'''
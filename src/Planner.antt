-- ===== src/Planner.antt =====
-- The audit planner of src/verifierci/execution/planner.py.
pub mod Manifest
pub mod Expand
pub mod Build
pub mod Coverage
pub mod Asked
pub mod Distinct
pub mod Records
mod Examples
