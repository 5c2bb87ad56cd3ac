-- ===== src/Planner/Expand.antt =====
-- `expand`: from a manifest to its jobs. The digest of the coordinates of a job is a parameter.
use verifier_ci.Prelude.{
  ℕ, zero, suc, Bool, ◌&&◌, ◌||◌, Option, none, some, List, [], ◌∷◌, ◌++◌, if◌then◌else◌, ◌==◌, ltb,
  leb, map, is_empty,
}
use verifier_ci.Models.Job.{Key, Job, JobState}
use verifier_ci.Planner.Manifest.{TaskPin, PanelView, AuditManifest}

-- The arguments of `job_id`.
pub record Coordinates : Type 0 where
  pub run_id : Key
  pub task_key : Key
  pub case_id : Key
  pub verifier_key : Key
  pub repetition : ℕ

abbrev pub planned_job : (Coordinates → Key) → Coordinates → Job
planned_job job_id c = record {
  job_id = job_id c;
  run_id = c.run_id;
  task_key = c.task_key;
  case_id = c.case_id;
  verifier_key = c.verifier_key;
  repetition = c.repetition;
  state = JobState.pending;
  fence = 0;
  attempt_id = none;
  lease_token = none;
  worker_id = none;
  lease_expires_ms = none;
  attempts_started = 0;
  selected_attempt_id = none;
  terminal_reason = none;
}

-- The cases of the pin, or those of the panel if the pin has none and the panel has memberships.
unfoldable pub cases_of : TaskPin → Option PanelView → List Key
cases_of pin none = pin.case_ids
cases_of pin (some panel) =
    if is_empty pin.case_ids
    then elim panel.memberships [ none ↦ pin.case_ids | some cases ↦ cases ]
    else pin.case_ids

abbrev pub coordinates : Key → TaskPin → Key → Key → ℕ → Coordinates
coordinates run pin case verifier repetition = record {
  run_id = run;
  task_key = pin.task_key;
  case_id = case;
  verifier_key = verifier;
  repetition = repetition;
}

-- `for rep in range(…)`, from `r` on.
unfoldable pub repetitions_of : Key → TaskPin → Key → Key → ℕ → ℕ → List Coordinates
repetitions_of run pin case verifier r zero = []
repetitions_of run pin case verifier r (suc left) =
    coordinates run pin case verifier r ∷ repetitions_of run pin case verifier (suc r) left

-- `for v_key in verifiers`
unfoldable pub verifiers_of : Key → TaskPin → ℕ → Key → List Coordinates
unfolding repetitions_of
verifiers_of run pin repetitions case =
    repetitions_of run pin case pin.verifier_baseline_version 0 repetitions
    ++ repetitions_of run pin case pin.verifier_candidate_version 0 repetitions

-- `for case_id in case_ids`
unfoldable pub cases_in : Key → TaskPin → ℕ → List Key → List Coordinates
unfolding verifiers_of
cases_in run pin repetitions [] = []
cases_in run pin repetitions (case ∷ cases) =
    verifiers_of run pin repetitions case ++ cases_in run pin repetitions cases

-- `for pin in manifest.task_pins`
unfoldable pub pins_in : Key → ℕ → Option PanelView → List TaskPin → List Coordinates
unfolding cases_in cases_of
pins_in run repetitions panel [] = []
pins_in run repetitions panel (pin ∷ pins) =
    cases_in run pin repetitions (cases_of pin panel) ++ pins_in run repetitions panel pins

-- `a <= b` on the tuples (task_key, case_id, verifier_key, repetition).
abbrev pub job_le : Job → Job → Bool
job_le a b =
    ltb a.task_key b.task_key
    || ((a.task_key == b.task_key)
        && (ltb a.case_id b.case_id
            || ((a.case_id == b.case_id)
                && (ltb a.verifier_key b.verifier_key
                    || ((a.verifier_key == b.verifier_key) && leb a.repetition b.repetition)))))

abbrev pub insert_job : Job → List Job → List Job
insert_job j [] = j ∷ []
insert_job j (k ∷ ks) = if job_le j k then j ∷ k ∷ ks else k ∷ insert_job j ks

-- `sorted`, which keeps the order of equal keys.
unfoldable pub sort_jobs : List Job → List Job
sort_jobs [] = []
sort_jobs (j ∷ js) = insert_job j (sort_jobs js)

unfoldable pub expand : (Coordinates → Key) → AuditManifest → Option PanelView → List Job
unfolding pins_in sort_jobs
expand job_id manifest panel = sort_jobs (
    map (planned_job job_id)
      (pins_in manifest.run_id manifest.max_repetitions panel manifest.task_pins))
'''
WORK INSTRUCTIONS. No line may be left out; the records are to be transcribed in full.

YOUR SOLUTION.
filename src/Planner.antt
-- ===== src/Planner.antt =====
-- The audit planner of src/verifierci/execution/planner.py.
pub mod Manifest
pub mod Expand
pub mod Build
pub mod Coverage
pub mod Asked
pub mod Distinct
pub mod Records
mod Examples
repository 5c2bb87ad56cd3ac
-- ===== src/Planner/Expand.antt =====
-- `expand`: from a manifest to its jobs. The digest of the coordinates of a job is a parameter.
use verifier_ci.Prelude.{
  ℕ, zero, suc, Bool, ◌&&◌, ◌||◌, Option, none, some, List, [], ◌∷◌, ◌++◌, if◌then◌else◌, ◌==◌, ltb,
  leb, map, is_empty,
}
use verifier_ci.Models.Job.{Key, Job, JobState}
use verifier_ci.Planner.Manifest.{TaskPin, PanelView, AuditManifest}

-- The arguments of `job_id`.
pub record Coordinates : Type 0 where
  pub run_id : Key
  pub task_key : Key
  pub case_id : Key
  pub verifier_key : Key
  pub repetition : ℕ

abbrev pub planned_job : (Coordinates → Key) → Coordinates → Job
planned_job job_id c = record {
  job_id = job_id c;
  run_id = c.run_id;
  task_key = c.task_key;
  case_id = c.case_id;
  verifier_key = c.verifier_key;
  repetition = c.repetition;
  state = JobState.pending;
  fence = 0;
  attempt_id = none;
  lease_token = none;
  worker_id = none;
  lease_expires_ms = none;
  attempts_started = 0;
  selected_attempt_id = none;
  terminal_reason = none;
}

-- The cases of the pin, or those of the panel if the pin has none and the panel has memberships.
unfoldable pub cases_of : TaskPin → Option PanelView → List Key
cases_of pin none = pin.case_ids
cases_of pin (some panel) =
    if is_empty pin.case_ids
    then elim panel.memberships [ none ↦ pin.case_ids | some cases ↦ cases ]
    else pin.case_ids

abbrev pub coordinates : Key → TaskPin → Key → Key → ℕ → Coordinates
coordinates run pin case verifier repetition = record {
  run_id = run;
  task_key = pin.task_key;
  case_id = case;
  verifier_key = verifier;
  repetition = repetition;
}

-- `for rep in range(…)`, from `r` on.
unfoldable pub repetitions_of : Key → TaskPin → Key → Key → ℕ → ℕ → List Coordinates
repetitions_of run pin case verifier r zero = []
repetitions_of run pin case verifier r (suc left) =
    coordinates run pin case verifier r ∷ repetitions_of run pin case verifier (suc r) left

-- `for v_key in verifiers`
unfoldable pub verifiers_of : Key → TaskPin → ℕ → Key → List Coordinates
unfolding repetitions_of
verifiers_of run pin repetitions case =
    repetitions_of run pin case pin.verifier_baseline_version 0 repetitions
    ++ repetitions_of run pin case pin.verifier_candidate_version 0 repetitions

-- `for case_id in case_ids`
unfoldable pub cases_in : Key → TaskPin → ℕ → List Key → List Coordinates
unfolding verifiers_of
cases_in run pin repetitions [] = []
cases_in run pin repetitions (case ∷ cases) =
    verifiers_of run pin repetitions case ++ cases_in run pin repetitions cases

-- `for pin in manifest.task_pins`
unfoldable pub pins_in : Key → ℕ → Option PanelView → List TaskPin → List Coordinates
unfolding cases_in cases_of
pins_in run repetitions panel [] = []
pins_in run repetitions panel (pin ∷ pins) =
    cases_in run pin repetitions (cases_of pin panel) ++ pins_in run repetitions panel pins

-- `a <= b` on the tuples (task_key, case_id, verifier_key, repetition).
abbrev pub job_le : Job → Job → Bool
job_le a b =
    ltb a.task_key b.task_key
    || ((a.task_key == b.task_key)
        && (ltb a.case_id b.case_id
            || ((a.case_id == b.case_id)
                && (ltb a.verifier_key b.verifier_key
                    || ((a.verifier_key == b.verifier_key) && leb a.repetition b.repetition)))))

abbrev pub insert_job : Job → List Job → List Job
insert_job j [] = j ∷ []
insert_job j (k ∷ ks) = if job_le j k then j ∷ k ∷ ks else k ∷ insert_job j ks

-- `sorted`, which keeps the order of equal keys.
unfoldable pub sort_jobs : List Job → List Job
sort_jobs [] = []
sort_jobs (j ∷ js) = insert_job j (sort_jobs js)

unfoldable pub expand : (Coordinates → Key) → AuditManifest → Option PanelView → List Job
unfolding pins_in sort_jobs
expand job_id manifest panel = sort_jobs (
    map (planned_job job_id)
      (pins_in manifest.run_id manifest.max_repetitions panel manifest.task_pins))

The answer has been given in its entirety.